__PROVIDED INFORMATION__:
========

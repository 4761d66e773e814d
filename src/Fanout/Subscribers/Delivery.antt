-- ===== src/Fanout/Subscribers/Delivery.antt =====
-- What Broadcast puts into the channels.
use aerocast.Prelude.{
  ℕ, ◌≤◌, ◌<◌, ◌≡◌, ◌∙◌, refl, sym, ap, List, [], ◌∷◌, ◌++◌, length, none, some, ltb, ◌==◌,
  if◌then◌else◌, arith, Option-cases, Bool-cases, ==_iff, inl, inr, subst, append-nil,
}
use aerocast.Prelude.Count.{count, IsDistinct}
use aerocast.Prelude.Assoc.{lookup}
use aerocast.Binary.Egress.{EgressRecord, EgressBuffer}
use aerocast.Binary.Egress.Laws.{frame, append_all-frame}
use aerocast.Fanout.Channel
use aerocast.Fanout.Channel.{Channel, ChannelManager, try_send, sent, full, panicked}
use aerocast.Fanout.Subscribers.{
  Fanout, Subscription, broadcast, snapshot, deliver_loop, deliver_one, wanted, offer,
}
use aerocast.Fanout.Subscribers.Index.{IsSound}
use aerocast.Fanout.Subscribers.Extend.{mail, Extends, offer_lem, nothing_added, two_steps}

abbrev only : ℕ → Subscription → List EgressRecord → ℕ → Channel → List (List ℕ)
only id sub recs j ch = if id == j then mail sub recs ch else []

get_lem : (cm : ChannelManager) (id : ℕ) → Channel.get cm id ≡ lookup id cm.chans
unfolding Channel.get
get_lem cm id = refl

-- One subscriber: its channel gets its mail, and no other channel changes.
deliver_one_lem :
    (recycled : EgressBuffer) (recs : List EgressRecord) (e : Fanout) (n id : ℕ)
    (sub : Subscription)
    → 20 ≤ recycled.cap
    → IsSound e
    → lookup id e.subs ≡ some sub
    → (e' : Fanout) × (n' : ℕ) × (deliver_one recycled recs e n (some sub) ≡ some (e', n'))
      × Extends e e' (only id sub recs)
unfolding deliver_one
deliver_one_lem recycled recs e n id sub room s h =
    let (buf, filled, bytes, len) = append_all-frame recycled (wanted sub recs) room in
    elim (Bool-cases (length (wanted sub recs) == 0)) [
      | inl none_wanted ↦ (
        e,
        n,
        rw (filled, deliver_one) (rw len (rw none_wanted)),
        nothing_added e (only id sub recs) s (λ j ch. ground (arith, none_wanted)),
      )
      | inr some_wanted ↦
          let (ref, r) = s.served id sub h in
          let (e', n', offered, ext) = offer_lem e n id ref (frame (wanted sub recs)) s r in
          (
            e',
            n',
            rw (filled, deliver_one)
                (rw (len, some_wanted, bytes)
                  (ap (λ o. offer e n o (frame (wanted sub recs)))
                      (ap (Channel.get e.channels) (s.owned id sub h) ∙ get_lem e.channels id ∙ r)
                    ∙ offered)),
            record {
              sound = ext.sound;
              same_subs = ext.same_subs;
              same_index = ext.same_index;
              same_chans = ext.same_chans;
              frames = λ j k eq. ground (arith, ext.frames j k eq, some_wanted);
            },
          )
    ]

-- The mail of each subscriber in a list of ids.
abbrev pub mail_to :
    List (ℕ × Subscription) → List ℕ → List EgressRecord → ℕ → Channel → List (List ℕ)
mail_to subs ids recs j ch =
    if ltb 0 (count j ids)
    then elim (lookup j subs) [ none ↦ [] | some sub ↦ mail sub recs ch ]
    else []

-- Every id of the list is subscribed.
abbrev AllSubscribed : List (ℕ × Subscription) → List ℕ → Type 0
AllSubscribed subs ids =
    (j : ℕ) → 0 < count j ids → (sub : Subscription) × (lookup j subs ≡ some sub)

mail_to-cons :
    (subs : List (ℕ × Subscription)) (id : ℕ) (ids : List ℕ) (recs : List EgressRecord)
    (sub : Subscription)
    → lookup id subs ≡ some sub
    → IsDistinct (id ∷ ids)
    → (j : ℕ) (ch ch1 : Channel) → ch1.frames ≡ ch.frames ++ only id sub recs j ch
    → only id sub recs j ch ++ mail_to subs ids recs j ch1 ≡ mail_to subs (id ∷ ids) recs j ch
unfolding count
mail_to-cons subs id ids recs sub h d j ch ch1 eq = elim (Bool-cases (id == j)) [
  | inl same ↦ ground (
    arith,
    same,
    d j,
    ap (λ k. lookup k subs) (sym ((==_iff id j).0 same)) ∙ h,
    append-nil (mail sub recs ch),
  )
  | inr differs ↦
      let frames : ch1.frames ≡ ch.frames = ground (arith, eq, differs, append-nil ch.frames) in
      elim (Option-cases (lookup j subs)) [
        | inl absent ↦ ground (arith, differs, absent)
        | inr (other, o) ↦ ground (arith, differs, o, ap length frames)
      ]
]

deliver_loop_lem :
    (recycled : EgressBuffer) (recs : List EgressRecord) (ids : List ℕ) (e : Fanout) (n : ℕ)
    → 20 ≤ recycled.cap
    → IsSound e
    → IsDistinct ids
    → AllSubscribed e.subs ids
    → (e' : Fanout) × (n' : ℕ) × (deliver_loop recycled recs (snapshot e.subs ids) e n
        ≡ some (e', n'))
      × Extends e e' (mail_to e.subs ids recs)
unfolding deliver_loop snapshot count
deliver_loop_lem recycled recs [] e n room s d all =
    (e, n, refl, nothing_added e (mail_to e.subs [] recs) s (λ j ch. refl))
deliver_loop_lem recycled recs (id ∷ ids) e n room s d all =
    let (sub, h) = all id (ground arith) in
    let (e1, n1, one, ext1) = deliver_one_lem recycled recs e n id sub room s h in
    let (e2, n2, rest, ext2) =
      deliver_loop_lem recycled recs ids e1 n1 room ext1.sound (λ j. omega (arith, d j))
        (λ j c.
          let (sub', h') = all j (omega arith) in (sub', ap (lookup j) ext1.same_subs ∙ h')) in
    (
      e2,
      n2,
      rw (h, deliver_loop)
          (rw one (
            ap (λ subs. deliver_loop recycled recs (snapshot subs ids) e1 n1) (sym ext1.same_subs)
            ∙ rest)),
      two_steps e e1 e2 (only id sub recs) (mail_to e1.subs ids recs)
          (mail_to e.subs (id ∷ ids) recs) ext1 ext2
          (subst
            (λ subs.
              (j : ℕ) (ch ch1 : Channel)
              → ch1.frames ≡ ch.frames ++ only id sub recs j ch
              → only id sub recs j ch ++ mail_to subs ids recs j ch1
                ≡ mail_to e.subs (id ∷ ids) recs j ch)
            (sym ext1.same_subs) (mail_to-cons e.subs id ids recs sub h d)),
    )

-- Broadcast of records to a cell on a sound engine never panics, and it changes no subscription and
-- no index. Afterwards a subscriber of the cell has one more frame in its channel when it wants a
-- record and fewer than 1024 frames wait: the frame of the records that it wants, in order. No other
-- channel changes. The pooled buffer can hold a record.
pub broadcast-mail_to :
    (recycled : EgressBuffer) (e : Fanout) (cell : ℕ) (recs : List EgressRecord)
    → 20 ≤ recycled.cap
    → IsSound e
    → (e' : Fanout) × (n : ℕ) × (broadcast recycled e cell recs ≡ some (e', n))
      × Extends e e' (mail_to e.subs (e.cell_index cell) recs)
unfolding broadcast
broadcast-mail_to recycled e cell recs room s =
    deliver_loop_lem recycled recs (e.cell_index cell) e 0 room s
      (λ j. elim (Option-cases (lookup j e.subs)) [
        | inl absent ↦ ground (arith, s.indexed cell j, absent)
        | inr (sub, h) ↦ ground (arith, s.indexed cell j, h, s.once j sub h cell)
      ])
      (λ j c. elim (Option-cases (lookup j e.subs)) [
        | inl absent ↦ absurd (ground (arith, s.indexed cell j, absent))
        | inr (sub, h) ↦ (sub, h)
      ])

========

__TASK REQUIREMENTS__: Output the full listing without altering anything.

__OUTPUT OF THE TASK__:
repository 4761d66e773e814d
filename src/Fanout/Subscribers/Delivery.antt
-- ===== src/Fanout/Subscribers/Delivery.antt =====
-- What Broadcast puts into the channels.
use aerocast.Prelude.{
  ℕ, ◌≤◌, ◌<◌, ◌≡◌, ◌∙◌, refl, sym, ap, List, [], ◌∷◌, ◌++◌, length, none, some, ltb, ◌==◌,
  if◌then◌else◌, arith, Option-cases, Bool-cases, ==_iff, inl, inr, subst, append-nil,
}
use aerocast.Prelude.Count.{count, IsDistinct}
use aerocast.Prelude.Assoc.{lookup}
use aerocast.Binary.Egress.{EgressRecord, EgressBuffer}
use aerocast.Binary.Egress.Laws.{frame, append_all-frame}
use aerocast.Fanout.Channel
use aerocast.Fanout.Channel.{Channel, ChannelManager, try_send, sent, full, panicked}
use aerocast.Fanout.Subscribers.{
  Fanout, Subscription, broadcast, snapshot, deliver_loop, deliver_one, wanted, offer,
}
use aerocast.Fanout.Subscribers.Index.{IsSound}
use aerocast.Fanout.Subscribers.Extend.{mail, Extends, offer_lem, nothing_added, two_steps}

abbrev only : ℕ → Subscription → List EgressRecord → ℕ → Channel → List (List ℕ)
only id sub recs j ch = if id == j then mail sub recs ch else []

get_lem : (cm : ChannelManager) (id : ℕ) → Channel.get cm id ≡ lookup id cm.chans
unfolding Channel.get
get_lem cm id = refl

-- One subscriber: its channel gets its mail, and no other channel changes.
deliver_one_lem :
    (recycled : EgressBuffer) (recs : List EgressRecord) (e : Fanout) (n id : ℕ)
    (sub : Subscription)
    → 20 ≤ recycled.cap
    → IsSound e
    → lookup id e.subs ≡ some sub
    → (e' : Fanout) × (n' : ℕ) × (deliver_one recycled recs e n (some sub) ≡ some (e', n'))
      × Extends e e' (only id sub recs)
unfolding deliver_one
deliver_one_lem recycled recs e n id sub room s h =
    let (buf, filled, bytes, len) = append_all-frame recycled (wanted sub recs) room in
    elim (Bool-cases (length (wanted sub recs) == 0)) [
      | inl none_wanted ↦ (
        e,
        n,
        rw (filled, deliver_one) (rw len (rw none_wanted)),
        nothing_added e (only id sub recs) s (λ j ch. ground (arith, none_wanted)),
      )
      | inr some_wanted ↦
          let (ref, r) = s.served id sub h in
          let (e', n', offered, ext) = offer_lem e n id ref (frame (wanted sub recs)) s r in
          (
            e',
            n',
            rw (filled, deliver_one)
                (rw (len, some_wanted, bytes)
                  (ap (λ o. offer e n o (frame (wanted sub recs)))
                      (ap (Channel.get e.channels) (s.owned id sub h) ∙ get_lem e.channels id ∙ r)
                    ∙ offered)),
            record {
              sound = ext.sound;
              same_subs = ext.same_subs;
              same_index = ext.same_index;
              same_chans = ext.same_chans;
              frames = λ j k eq. ground (arith, ext.frames j k eq, some_wanted);
            },
          )
    ]

-- The mail of each subscriber in a list of ids.
abbrev pub mail_to :
    List (ℕ × Subscription) → List ℕ → List EgressRecord → ℕ → Channel → List (List ℕ)
mail_to subs ids recs j ch =
    if ltb 0 (count j ids)
    then elim (lookup j subs) [ none ↦ [] | some sub ↦ mail sub recs ch ]
    else []

-- Every id of the list is subscribed.
abbrev AllSubscribed : List (ℕ × Subscription) → List ℕ → Type 0
AllSubscribed subs ids =
    (j : ℕ) → 0 < count j ids → (sub : Subscription) × (lookup j subs ≡ some sub)

mail_to-cons :
    (subs : List (ℕ × Subscription)) (id : ℕ) (ids : List ℕ) (recs : List EgressRecord)
    (sub : Subscription)
    → lookup id subs ≡ some sub
    → IsDistinct (id ∷ ids)
    → (j : ℕ) (ch ch1 : Channel) → ch1.frames ≡ ch.frames ++ only id sub recs j ch
    → only id sub recs j ch ++ mail_to subs ids recs j ch1 ≡ mail_to subs (id ∷ ids) recs j ch
unfolding count
mail_to-cons subs id ids recs sub h d j ch ch1 eq = elim (Bool-cases (id == j)) [
  | inl same ↦ ground (
    arith,
    same,
    d j,
    ap (λ k. lookup k subs) (sym ((==_iff id j).0 same)) ∙ h,
    append-nil (mail sub recs ch),
  )
  | inr differs ↦
      let frames : ch1.frames ≡ ch.frames = ground (arith, eq, differs, append-nil ch.frames) in
      elim (Option-cases (lookup j subs)) [
        | inl absent ↦ ground (arith, differs, absent)
        | inr (other, o) ↦ ground (arith, differs, o, ap length frames)
      ]
]

deliver_loop_lem :
    (recycled : EgressBuffer) (recs : List EgressRecord) (ids : List ℕ) (e : Fanout) (n : ℕ)
    → 20 ≤ recycled.cap
    → IsSound e
    → IsDistinct ids
    → AllSubscribed e.subs ids
    → (e' : Fanout) × (n' : ℕ) × (deliver_loop recycled recs (snapshot e.subs ids) e n
        ≡ some (e', n'))
      × Extends e e' (mail_to e.subs ids recs)
unfolding deliver_loop snapshot count
deliver_loop_lem recycled recs [] e n room s d all =
    (e, n, refl, nothing_added e (mail_to e.subs [] recs) s (λ j ch. refl))
deliver_loop_lem recycled recs (id ∷ ids) e n room s d all =
    let (sub, h) = all id (ground arith) in
    let (e1, n1, one, ext1) = deliver_one_lem recycled recs e n id sub room s h in
    let (e2, n2, rest, ext2) =
      deliver_loop_lem recycled recs ids e1 n1 room ext1.sound (λ j. omega (arith, d j))
        (λ j c.
          let (sub', h') = all j (omega arith) in (sub', ap (lookup j) ext1.same_subs ∙ h')) in
    (
      e2,
      n2,
      rw (h, deliver_loop)
          (rw one (
            ap (λ subs. deliver_loop recycled recs (snapshot subs ids) e1 n1) (sym ext1.same_subs)
            ∙ rest)),
      two_steps e e1 e2 (only id sub recs) (mail_to e1.subs ids recs)
          (mail_to e.subs (id ∷ ids) recs) ext1 ext2
          (subst
            (λ subs.
              (j : ℕ) (ch ch1 : Channel)
              → ch1.frames ≡ ch.frames ++ only id sub recs j ch
              → only id sub recs j ch ++ mail_to subs ids recs j ch1
                ≡ mail_to e.subs (id ∷ ids) recs j ch)
            (sym ext1.same_subs) (mail_to-cons e.subs id ids recs sub h d)),
    )

-- Broadcast of records to a cell on a sound engine never panics, and it changes no subscription and
-- no index. Afterwards a subscriber of the cell has one more frame in its channel when it wants a
-- record and fewer than 1024 frames wait: the frame of the records that it wants, in order. No other
-- channel changes. The pooled buffer can hold a record.
pub broadcast-mail_to :
    (recycled : EgressBuffer) (e : Fanout) (cell : ℕ) (recs : List EgressRecord)
    → 20 ≤ recycled.cap
    → IsSound e
    → (e' : Fanout) × (n : ℕ) × (broadcast recycled e cell recs ≡ some (e', n))
      × Extends e e' (mail_to e.subs (e.cell_index cell) recs)
unfolding broadcast
broadcast-mail_to recycled e cell recs room s =
    deliver_loop_lem recycled recs (e.cell_index cell) e 0 room s
      (λ j. elim (Option-cases (lookup j e.subs)) [
        | inl absent ↦ ground (arith, s.indexed cell j, absent)
        | inr (sub, h) ↦ ground (arith, s.indexed cell j, h, s.once j sub h cell)
      ])
      (λ j c. elim (Option-cases (lookup j e.subs)) [
        | inl absent ↦ absurd (ground (arith, s.indexed cell j, absent))
        | inr (sub, h) ↦ (sub, h)
      ])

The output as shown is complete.